* Exercise *
Copy each line of the entries that includes the word "List".

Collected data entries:
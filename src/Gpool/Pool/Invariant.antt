-- ===== src/Gpool/Pool/Invariant.antt =====
-- The invariant of a pool of gpool/gpool.go with its goroutines.
pub mod Fresh
pub mod Settle
pub mod Resume
pub mod Run
use lgobase.Base.{
  ℕ, zero, suc, ◌+◌, ◌-◌, ◌≡◌, inl, inr, subst, List, [], ◌∷◌, ◌++◌, some, arith, length,
  length-append, count, count-append, false, Option-cases,
}
use lgobase.Base.Int.{pos_part}
use lgobase.Gpool.Pool.{Gpool, Task}
use lgobase.Gpool.Pool.World.{take_at}
use lgobase.Gpool.Pool.Counters.{Counts, task_closings, task_makers}
use lgobase.Gpool.Pool.Ownership.{Owns}
use lgobase.Gpool.Pool.Parking.{ClosesIdle}

abbrev pub closings : List Task → List ℕ
closings [] = []
closings (t ∷ ts) = task_closings t ++ closings ts

abbrev pub makers : List Task → ℕ
makers [] = 0
makers (t ∷ ts) = task_makers t + makers ts

abbrev pub NoneClosesIdle : List Task → Type 0
NoneClosesIdle [] = Unit {0}
NoneClosesIdle (t ∷ ts) = ClosesIdle t × NoneClosesIdle ts

-- The invariant of a pool with the goroutines at `ts`.
pub record Inv (gp : Gpool) (ts : List Task) (limit : ℕ) : Type 0 where
  pub counts : Counts gp (length (closings ts)) (makers ts) (suc limit)
  pub owns : Owns gp (λ c. count c (closings ts))
  pub limit_is : pos_part gp.max_conns ≡ limit
  pub idle_closers : gp.closed ≡ false → NoneClosesIdle ts

-- A task that is taken from its place.
pub record Taken (ts : List Task) (t : Task) (rest : List Task) : Type 0 where
  pub closing_count : length (closings ts) ≡ length (task_closings t) + length (closings rest)
  pub makers_count : makers ts ≡ task_makers t + makers rest
  pub closer_count :
      (c : ℕ) → count c (closings ts) ≡ count c (task_closings t) + count c (closings rest)
  pub spared : NoneClosesIdle ts → ClosesIdle t × NoneClosesIdle rest

Taken-later : (u : Task) {us vs : List Task} {t : Task} → Taken us t vs → Taken (u ∷ us) t (u ∷ vs)
Taken-later u {us} {vs} {t} k = record {
  closing_count = ground (
    arith,
    k.closing_count,
    length-append (task_closings u) (closings us),
    length-append (task_closings u) (closings vs),
  );
  makers_count = ground (arith, k.makers_count);
  closer_count = λ c. ground (
    arith,
    k.closer_count c,
    count-append c (task_closings u) (closings us),
    count-append c (task_closings u) (closings vs),
  );
  spared = ground (arith, k.spared);
}

pub take_at-Taken :
    (i : ℕ) (ts : List Task) {t : Task} {rest : List Task}
    → take_at i ts ≡ some (t, rest)
    → Taken ts t rest
unfolding take_at
take_at-Taken i [] e = cc
take_at-Taken zero (u ∷ us) {t} {rest} e = record {
  closing_count = ground (arith, length-append (task_closings u) (closings us));
  makers_count = ground arith;
  closer_count = λ c. ground (arith, count-append c (task_closings u) (closings us));
  spared = ground arith;
}
take_at-Taken (suc i) (u ∷ us) {t} {rest} e = elim (Option-cases (take_at i us)) [
  | inl n ↦ cc
  | inr ((v, vs), f) ↦
      let same_t : v ≡ t = cc in
      let same_rest : u ∷ vs ≡ rest = cc in
      let taken = Taken-later u (take_at-Taken i us f) in
      subst (λ x. Taken (u ∷ us) x rest) same_t (subst (Taken (u ∷ us) v) same_rest taken)
]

* Response area *
  ℕ, zero, suc, ◌+◌, ◌-◌, ◌≡◌, inl, inr, subst, List, [], ◌∷◌, ◌++◌, some, arith, length,
abbrev pub closings : List Task → List ℕ
abbrev pub makers : List Task → ℕ
abbrev pub NoneClosesIdle : List Task → Type 0
pub record Inv (gp : Gpool) (ts : List Task) (limit : ℕ) : Type 0 where
pub record Taken (ts : List Task) (t : Task) (rest : List Task) : Type 0 where
Taken-later : (u : Task) {us vs : List Task} {t : Task} → Taken us t vs → Taken (u ∷ us) t (u ∷ vs)
    (i : ℕ) (ts : List Task) {t : Task} {rest : List Task}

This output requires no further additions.